● TASK DETAILS:
Look in the material below for the line with "unfolding ge_int truthy" and the line with "pub script_exists : Bool", then set down exactly those two lines and all lines between, nothing more.
GIVEN RECORDS section start
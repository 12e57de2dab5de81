-- ===== src/Examples/Loops.antt =====
-- The loops of the gateway's process.
use bbjsensescada.Alarms.{set_current_alarm_rules}
use bbjsensescada.Common.Dict.{Dict}
use bbjsensescada.Queue.{Json}
use bbjsensescada.Poller.{Status, connected_status, failed_status}
use bbjsensescada.DeviceStatus.{payload_from}
use bbjsensescada.Configuration.{refresh_turn}
use bbjsensescada.Configuration.{download_configuration}
use bbjsensescada.Configuration.{read_config_cache}
use bbjsensescada.Python.Float.{ge_int}
use bbjsensescada.Python.Value.{truthy}
use bbjsensescada.Common.Int.{int_eq}
use bbjsensescada.Python.Value.{to_int}
use bbjsensescada.Common.{nat_eq, Bool, string_eq}
use bbjsensescada.Common.{ℕ, ◌≡◌, refl, true, false, none, some, All, eqb, if◌then◌else◌, [], ◌∷◌}
use bbjsensescada.Common.Int.{ℤ, pos}
use bbjsensescada.Python.{ok}
use bbjsensescada.Commands.{Reply, fetch_pending_commands, commands_round}
use bbjsensescada.Commands.Effects.{writes}
use bbjsensescada.Commands.Batch.{
  Acknowledged, Asked, commands_round-Acknowledged, commands_round-Asked,
}
use bbjsensescada.Python.Value.{Value, Repr, boolean, int, str, arr, obj, nil, cons, end, field}
use bbjsensescada.Configuration.{Environment, Site, Meets, start, refresh_turns}
use bbjsensescada.Configuration.Restart.{start-refresh_turns}
use bbjsensescada.Poller.Pass.{Moment, poll_pass, HasStatus}
use bbjsensescada.Poller.Coverage.{poll_pass-HasStatus}
use bbjsensescada.Examples.Inputs.{
  arithmetic, zero_value, answering, command, configuration, settings, device, meter, idle, fifty,
}

-- Both a broken device and a good one.
abbrev broken : Value
broken = obj (field "id" (int (pos 4)) end)

abbrev two_devices : Value
two_devices = obj (field "devices" (arr (cons broken (cons device nil))) end)

abbrev moments : ℕ → Moment
moments n = record { busy = false; now = fifty }

poll_pass-HasStatus_example :
    HasStatus (pos 1) (poll_pass settings meter moments two_devices idle).0
unfolding string_eq to_int
poll_pass-HasStatus_example =
    poll_pass-HasStatus settings meter moments two_devices (broken ∷ []) [] device (pos 1) idle refl
      (refl, tt) refl refl (λ k. refl)

abbrev reply : Reply
reply = record {
  status_code = pos 200;
  status_error = none;
  json = ok (
      obj (
        field "success" (boolean true)
          (field "commands" (arr (cons command (cons (str "?") nil))) end)));
}

fetched : fetch_pending_commands (ok reply) ≡ ok (command ∷ str "?" ∷ [])
unfolding fetch_pending_commands int_eq truthy string_eq
fetched = refl

abbrev always : ℕ → Value
always n = configuration

commands_round-Acknowledged_example :
    Acknowledged 2 (commands_round settings answering always (ok reply))
commands_round-Acknowledged_example =
    commands_round-Acknowledged settings answering always (ok reply) (command ∷ str "?" ∷ [])
      fetched

commands_round-Asked_example :
    All
      (Asked settings answering always 0 (command ∷ str "?" ∷ []))
      (writes (commands_round settings answering always (ok reply)).0)
commands_round-Asked_example =
    commands_round-Asked settings answering always (ok reply) (command ∷ str "?" ∷ []) fetched

abbrev downloaded : Value
downloaded = obj (field "success" (boolean true) end)

abbrev environment : Environment
environment = record {
  json = record { dumps = λ v. "text"; loads = λ s. some downloaded };
  arithmetic = arithmetic;
  rules_in = λ v. none;
}

abbrev at_start : Site
at_start = record {
  configuration = obj end;
  evaluator = idle.stores.evaluator;
  cache = none;
  last_config_download = zero_value;
}

started : start environment zero_value none idle.stores.evaluator ≡ ok at_start
unfolding start read_config_cache set_current_alarm_rules
started = refl

-- A success, then an answer that is none.
abbrev success : Meets
success = record { now = fifty; response = ok downloaded; disk_error = none }

abbrev nonsense : Meets
nonsense = record { now = fifty; response = ok (str "?"); disk_error = none }

start-refresh_turns_example :
    let t = refresh_turns environment (success ∷ nonsense ∷ []) at_start in
    (s' : Site) × (start environment zero_value t.cache idle.stores.evaluator ≡ ok s')
    × (s'.configuration ≡ t.configuration)
    × (s'.evaluator.current_alarm_rules ≡ t.evaluator.current_alarm_rules)
unfolding ge_int truthy download_configuration string_eq refresh_turn
start-refresh_turns_example =
    start-refresh_turns environment zero_value idle.stores.evaluator success (nonsense ∷ [])
      at_start downloaded refl refl (refl, (refl, tt)) refl

abbrev names : Repr
names (int (pos n)) = if eqb n 1 then "1" else "2"
names v = "?"

abbrev statuses : Dict ℤ Status
statuses = (pos 1, connected_status) ∷ (pos 2, failed_status) ∷ []

abbrev status_json : Json
status_json = record {
  dumps = λ v. "text";
  loads = λ s. some (obj (payload_from names statuses end));
}

-- Thread 1 hangs, thread 2 finishes, and then the serial bus is locked again.
abbrev hangs : ℕ → Bool
hangs t = eqb t 1
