-- ===== src/Supervisor.antt =====
-- start_gateway.py: the supervisor of the gateway's processes, as a machine whose turns are the turns
-- of its loops. A stop signal is taken between two turns. What the operating system answers in a turn
-- is an argument; a process is named by the number of loop turns before the one that started it.
pub mod Custody
pub mod Shutdown
pub mod Fresh
pub mod Orphans
pub mod Restarts
pub mod Idle
use bbjsensescada.Common.{
  ℕ, suc, ◌+◌, Bool, true, false, List, [], ◌∷◌, ◌++◌, Option, none, some, String, if◌then◌else◌,
}
use bbjsensescada.Common.Int.{ℤ}
use bbjsensescada.Python.{Error}

pub record Component : Type 0 where
  pub name : String
  pub script : String
  pub process : Option ℕ
  pub restart_count : ℕ

-- What was done to processes: `Popen`, an exit code of `poll`, a call of `terminate`.
pub data Event : Type 0 where
  started exited terminated : ℕ → Event

pub data Phase : Type 0 where
  starting waiting checking stopped : Phase
  crashed : Error → Phase

-- The list `components` is split where the loop of the phase is; the trace is newest first.
pub record Manager : Type 0 where
  pub phase : Phase
  pub running : Bool
  pub passed : List Component
  pub ahead : List Component
  pub next_process : ℕ
  pub trace : List Event

-- What a turn meets: `script.exists()`, an exception of `Popen`, and `process.poll()`.
pub record Answers : Type 0 where
  pub script_exists : Bool
  pub popen_error : Option Error
  pub exit_code : Option ℤ

-- What a loop's turn does to its component.
pub record Visit : Type 0 where
  pub component : Component
  pub events : List Event
  pub raised : Option Error

abbrev pub untouched : Component → Visit
untouched c = record { component = c; events = []; raised = none }

abbrev pub opened : ℕ → Component → Option Error → Visit
opened n c none = record {
  component = record c { process = some n };
  events = started n ∷ [];
  raised = none;
}
opened n c (some e) = record { component = c; events = []; raised = some e }

unfoldable pub start_process : Answers → ℕ → Component → Visit
start_process A n c = if A.script_exists then opened n c A.popen_error else untouched c

abbrev pub counted : Component → Component
counted c = record c { restart_count = c.restart_count + 1 }

abbrev pub after_exit : ℕ → Visit → Visit
after_exit p v = record v { events = v.events ++ exited p ∷ [] }

-- What the watchdog does with a process, given its exit code.
abbrev pub restarted : Answers → ℕ → Component → ℕ → Option ℤ → Visit
restarted A n c p none = untouched c
restarted A n c p (some exit_code) = after_exit p (start_process A n (counted c))

abbrev pub watched : Answers → ℕ → Component → Option ℕ → Visit
watched A n c none = untouched c
watched A n c (some p) = restarted A n c p A.exit_code

-- One turn of the loop of `check_components`.
unfoldable pub check_component : Answers → ℕ → Component → Visit
check_component A n c = watched A n c c.process

-- An exception of `Popen` leaves `main`.
abbrev pub phase_after : Phase → Option Error → Phase
phase_after f none = f
phase_after f (some e) = crashed e

abbrev pub visited : Manager → List Component → Visit → Manager
visited g later v = record g {
  phase = phase_after g.phase v.raised;
  passed = g.passed ++ v.component ∷ [];
  ahead = later;
  next_process = suc g.next_process;
  trace = v.events ++ g.trace;
}

-- A loop over all components begins or has ended.
abbrev pub rewound : Phase → Manager → Manager
rewound f g = record g { phase = f; passed = []; ahead = g.passed ++ g.ahead }

abbrev pub loop_turn : (Component → Visit) → List Component → Manager → Manager
loop_turn visit [] g = rewound waiting g
loop_turn visit (c ∷ later) g = visited g later (visit c)

abbrev pub turn_in : Phase → Answers → Manager → Manager
turn_in starting A g = loop_turn (start_process A g.next_process) g.ahead g
turn_in waiting A g = if g.running then rewound checking g else record g { phase = stopped }
turn_in checking A g = loop_turn (check_component A g.next_process) g.ahead g
turn_in stopped A g = g
turn_in (crashed e) A g = g

-- One turn of `main`: a component of the first loop, a wake-up, or a component of the check.
unfoldable pub turn : Answers → Manager → Manager
unfolding start_process check_component
turn A g = turn_in g.phase A g

abbrev pub told : Option ℕ → List Event → List Event
told none es = es
told (some p) es = terminated p ∷ es

-- The first loop of `stop_handler`; the second one only waits and logs.
abbrev pub terminate_all : List Component → List Event → List Event
terminate_all [] es = es
terminate_all (c ∷ cs) es = terminate_all cs (told c.process es)

abbrev pub handled : Manager → Manager
handled g = record g { running = false; trace = terminate_all (g.passed ++ g.ahead) g.trace }

abbrev pub signal_in : Phase → Manager → Manager
signal_in starting g = handled g
signal_in waiting g = handled g
signal_in checking g = handled g
signal_in stopped g = g
signal_in (crashed e) g = g

-- A signal while the supervisor lives runs the handler.
unfoldable pub stop_handler : Manager → Manager
stop_handler g = signal_in g.phase g

pub data Step : Type 0 where
  take_turn : Answers → Step
  stop_signal : Step

abbrev pub step : Step → Manager → Manager
step (take_turn A) g = turn A g
step stop_signal g = stop_handler g

abbrev pub run : List Step → Manager → Manager
run [] g = g
run (x ∷ xs) g = run xs (step x g)

abbrev pub component : String → String → Component
component name script = record { name = name; script = script; process = none; restart_count = 0 }

abbrev pub components : List Component
components =
    component "Telemetry Poller" "dynamic_modbus_poller.py"
    ∷ component "Health Reporter" "gateway_health_reporter.py"
    ∷ []

-- `main` when it begins.
abbrev pub launch : Manager
launch = record {
  phase = starting;
  running = true;
  passed = [];
  ahead = components;
  next_process = 0;
  trace = [];
}
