-- ===== src/Supervisor/Custody.antt =====
-- The processes that the supervisor has started, and those that it holds.
use bbjsensescada.Common.{
  ℕ, ◌≡◌, refl, ◌∙◌, Bool, true, false, ◌||◌, List, [], ◌∷◌, ◌++◌, Option, none, some, ◌==◌, nat_eq,
  if◌then◌else◌, arith, Option-cases, inl, inr,
}
use bbjsensescada.Python.{Error}
use bbjsensescada.Supervisor.{
  Component, Event, started, exited, terminated, Phase, starting, waiting, checking, stopped,
  crashed, Manager, Answers, Visit, start_process, check_component, visited, turn, stop_handler,
  terminate_all, Step, take_turn, stop_signal, step, run, launch, rewound, loop_turn, turn_in,
  handled, signal_in, phase_after,
}

abbrev pub any {ℓ} : {A : Type ℓ} → (A → Bool) → List A → Bool
any p [] = false
any p (x ∷ xs) = p x || any p xs

pub any-append {ℓ} :
    {A : Type ℓ} (p : A → Bool) (xs ys : List A) → any p (xs ++ ys) ≡ (any p xs || any p ys)
any-append p [] ys = refl
any-append p (x ∷ xs) ys = ground (arith, any-append p xs ys)

abbrev pub is_started : ℕ → Event → Bool
is_started p (started q) = p == q
is_started p _ = false

abbrev pub is_exited : ℕ → Event → Bool
is_exited p (exited q) = p == q
is_exited p _ = false

abbrev pub is_terminated : ℕ → Event → Bool
is_terminated p (terminated q) = p == q
is_terminated p _ = false

abbrev pub is_process : ℕ → Option ℕ → Bool
is_process p none = false
is_process p (some q) = p == q

abbrev pub holds : ℕ → Component → Bool
holds p c = is_process p c.process

-- All components, in their order.
abbrev pub all_of : Manager → List Component
all_of g = g.passed ++ g.ahead

-- A started process is in a component's field `process`, or it has exited.
abbrev pub Custody : Manager → Type 0
Custody g =
    (p : ℕ)
    → any (is_started p) g.trace ≡ true
    → (any (holds p) (all_of g) || any (is_exited p) g.trace) ≡ true

-- A visit keeps hold of the processes that it starts or finds, or sees them exit.
abbrev Keeps : Component → Visit → Type 0
Keeps c v =
    (p : ℕ)
    → (any (is_started p) v.events || holds p c) ≡ true
    → (holds p v.component || any (is_exited p) v.events) ≡ true

start_process-Keeps :
    (A : Answers) (n : ℕ) (c : Component) → c.process ≡ none → Keeps c (start_process A n c)
unfolding start_process
start_process-Keeps A n c idle p h = ground arith

check_component-Keeps : (A : Answers) (n : ℕ) (c : Component) → Keeps c (check_component A n c)
unfolding check_component start_process
check_component-Keeps A n c p h = ground arith

-- Before its turn in the first loop, a component has no process.
abbrev Idle : Phase → List Component → Type 0
Idle starting [] = Unit {0}
Idle starting (c ∷ cs) = (c.process ≡ none) × Idle starting cs
Idle _ cs = Unit {0}

record IsKept (g : Manager) : Type 0 where
  custody : Custody g
  idle : Idle g.phase g.ahead

kept_by :
    (s t held held' hs hs' x y : Bool)
    → ((s || held) ≡ true → (held' || x) ≡ true)
    → (t ≡ true → ((hs || (held || hs')) || y) ≡ true)
    → (s || t) ≡ true
    → ((hs || (held' || false)) || hs' || (x || y)) ≡ true
kept_by s t held held' hs hs' x y keeps before h = ground arith

custody-split :
    (p : ℕ) (cs ds : List Component) (c d : Component) (es fs : List Event)
    → ((any (is_started p) es || holds p c) ≡ true → (holds p d || any (is_exited p) es) ≡ true)
    → (any (is_started p) fs ≡ true → (any (holds p) (cs ++ c ∷ ds) || any (is_exited p) fs) ≡ true)
    → any (is_started p) (es ++ fs) ≡ true
    → (any (holds p) ((cs ++ d ∷ []) ++ ds) || any (is_exited p) (es ++ fs)) ≡ true
custody-split p cs ds c d es fs keeps before h =
    let h' = rw any-append at h in
    let before' = rw any-append at before in
    rw (any-append, any-append, any-append)
      (kept_by (any (is_started p) es) (any (is_started p) fs) (holds p c) (holds p d)
        (any (holds p) cs) (any (holds p) ds) (any (is_exited p) es) (any (is_exited p) fs) keeps
        before' h')

visited-IsKept :
    (g : Manager) (c : Component) (later : List Component) (v : Visit)
    → g.ahead ≡ c ∷ later
    → Keeps c v
    → Idle (visited g later v).phase later
    → IsKept g
    → IsKept (visited g later v)
visited-IsKept g c later v here keeps idle k = record {
  custody = λ p.
      custody-split p g.passed later c v.component v.events g.trace (keeps p)
        (rw here at k.custody p);
  idle = idle;
}

rewound-IsKept : (f : Phase) (g : Manager) → Idle f (all_of g) → IsKept g → IsKept (rewound f g)
rewound-IsKept f g idle k = record { custody = k.custody; idle = idle }

Idle-starting :
    (o : Option Error) (c : Component) (later : List Component)
    → Idle starting (c ∷ later)
    → Idle (phase_after starting o) later
Idle-starting none c later h = h.1
Idle-starting (some e) c later h = tt

Idle-checking : (o : Option Error) (cs : List Component) → Idle (phase_after checking o) cs
Idle-checking none cs = tt
Idle-checking (some e) cs = tt

start_turn-IsKept :
    (A : Answers) (g : Manager) (cs : List Component)
    → g.phase ≡ starting
    → g.ahead ≡ cs
    → IsKept g
    → IsKept (loop_turn (start_process A g.next_process) cs g)
start_turn-IsKept A g [] e here k = rewound-IsKept waiting g tt k
start_turn-IsKept A g (c ∷ later) e here k =
    let idle : Idle starting (c ∷ later) = rw (e, here) at k.idle in
    visited-IsKept g c later _ here (start_process-Keeps A g.next_process c idle.0)
      (rw e (Idle-starting (start_process A g.next_process c).raised c later idle)) k

check_turn-IsKept :
    (A : Answers) (g : Manager) (cs : List Component)
    → g.phase ≡ checking
    → g.ahead ≡ cs
    → IsKept g
    → IsKept (loop_turn (check_component A g.next_process) cs g)
check_turn-IsKept A g [] e here k = rewound-IsKept waiting g tt k
check_turn-IsKept A g (c ∷ later) e here k =
    visited-IsKept g c later _ here (check_component-Keeps A g.next_process c)
      (rw e (Idle-checking (check_component A g.next_process c).raised later)) k

woken-IsKept :
    (on : Bool) (g : Manager)
    → IsKept g
    → IsKept (if on then rewound checking g else record g { phase = stopped })
woken-IsKept true g k = rewound-IsKept checking g tt k
woken-IsKept false g k = record { custody = k.custody; idle = tt }

turn_in-IsKept :
    (A : Answers) (f : Phase) (g : Manager) → g.phase ≡ f → IsKept g → IsKept (turn_in f A g)
turn_in-IsKept A starting g e k = start_turn-IsKept A g g.ahead e refl k
turn_in-IsKept A checking g e k = check_turn-IsKept A g g.ahead e refl k
turn_in-IsKept A waiting g e k = woken-IsKept g.running g k
turn_in-IsKept A stopped g e k = k
turn_in-IsKept A (crashed x) g e k = k

pub any-terminate_all :
    (q : Event → Bool) (cs : List Component) (es : List Event)
    → ((r : ℕ) → q (terminated r) ≡ false)
    → any q (terminate_all cs es) ≡ any q es
any-terminate_all q [] es h = refl
any-terminate_all q (c ∷ cs) es h = elim (Option-cases c.process) [
  | inl idle ↦ rw idle (any-terminate_all q cs es h)
  | inr (p, busy) ↦ rw busy (any-terminate_all q cs (terminated p ∷ es) h ∙ rw h refl)
]

handled-IsKept : (g : Manager) → IsKept g → IsKept (handled g)
handled-IsKept g k = record {
  custody = λ p.
      rw
        (
          any-terminate_all (is_started p) (all_of g) g.trace (λ r. refl),
          any-terminate_all (is_exited p) (all_of g) g.trace (λ r. refl),
        )
        (k.custody p);
  idle = k.idle;
}

signal_in-IsKept : (f : Phase) (g : Manager) → IsKept g → IsKept (signal_in f g)
signal_in-IsKept starting g k = handled-IsKept g k
signal_in-IsKept waiting g k = handled-IsKept g k
signal_in-IsKept checking g k = handled-IsKept g k
signal_in-IsKept stopped g k = k
signal_in-IsKept (crashed e) g k = k

step-IsKept : (x : Step) (g : Manager) → IsKept g → IsKept (step x g)
unfolding turn stop_handler
step-IsKept (take_turn A) g k = turn_in-IsKept A g.phase g refl k
step-IsKept stop_signal g k = signal_in-IsKept g.phase g k

run-IsKept : (xs : List Step) (g : Manager) → IsKept g → IsKept (run xs g)
run-IsKept [] g k = k
run-IsKept (x ∷ xs) g k = run-IsKept xs (step x g) (step-IsKept x g k)

launch-IsKept : IsKept launch
launch-IsKept = record { custody = λ p h. cc; idle = (refl, (refl, tt)) }

-- Whatever the operating system answers and whenever stop signals come, each process that the
-- supervisor has started is held by one of its components or has been seen to exit.
pub run-Custody :
    (xs : List Step) (p : ℕ)
    → any (is_started p) (run xs launch).trace ≡ true
    → (any (holds p) (all_of (run xs launch)) || any (is_exited p) (run xs launch).trace) ≡ true
run-Custody xs p = (run-IsKept xs launch launch-IsKept).custody p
GIVEN RECORDS section end
● EXPECTED ANSWER:
unfolding ge_int truthy download_configuration string_eq refresh_turn
start-refresh_turns_example =
    start-refresh_turns environment zero_value idle.stores.evaluator success (nonsense ∷ [])
      at_start downloaded refl refl (refl, (refl, tt)) refl

abbrev names : Repr
names (int (pos n)) = if eqb n 1 then "1" else "2"
names v = "?"

abbrev statuses : Dict ℤ Status
statuses = (pos 1, connected_status) ∷ (pos 2, failed_status) ∷ []

abbrev status_json : Json
status_json = record {
  dumps = λ v. "text";
  loads = λ s. some (obj (payload_from names statuses end));
}

-- Thread 1 hangs, thread 2 finishes, and then the serial bus is locked again.
abbrev hangs : ℕ → Bool
hangs t = eqb t 1
-- ===== src/Supervisor.antt =====
-- start_gateway.py: the supervisor of the gateway's processes, as a machine whose turns are the turns
-- of its loops. A stop signal is taken between two turns. What the operating system answers in a turn
-- is an argument; a process is named by the number of loop turns before the one that started it.
pub mod Custody
pub mod Shutdown
pub mod Fresh
pub mod Orphans
pub mod Restarts
pub mod Idle
use bbjsensescada.Common.{
  ℕ, suc, ◌+◌, Bool, true, false, List, [], ◌∷◌, ◌++◌, Option, none, some, String, if◌then◌else◌,
}
use bbjsensescada.Common.Int.{ℤ}
use bbjsensescada.Python.{Error}

pub record Component : Type 0 where
  pub name : String
  pub script : String
  pub process : Option ℕ
  pub restart_count : ℕ

-- What was done to processes: `Popen`, an exit code of `poll`, a call of `terminate`.
pub data Event : Type 0 where
  started exited terminated : ℕ → Event

pub data Phase : Type 0 where
  starting waiting checking stopped : Phase
  crashed : Error → Phase

-- The list `components` is split where the loop of the phase is; the trace is newest first.
pub record Manager : Type 0 where
  pub phase : Phase
  pub running : Bool
  pub passed : List Component
  pub ahead : List Component
  pub next_process : ℕ
  pub trace : List Event

-- What a turn meets: `script.exists()`, an exception of `Popen`, and `process.poll()`.
pub record Answers : Type 0 where
  pub script_exists : Bool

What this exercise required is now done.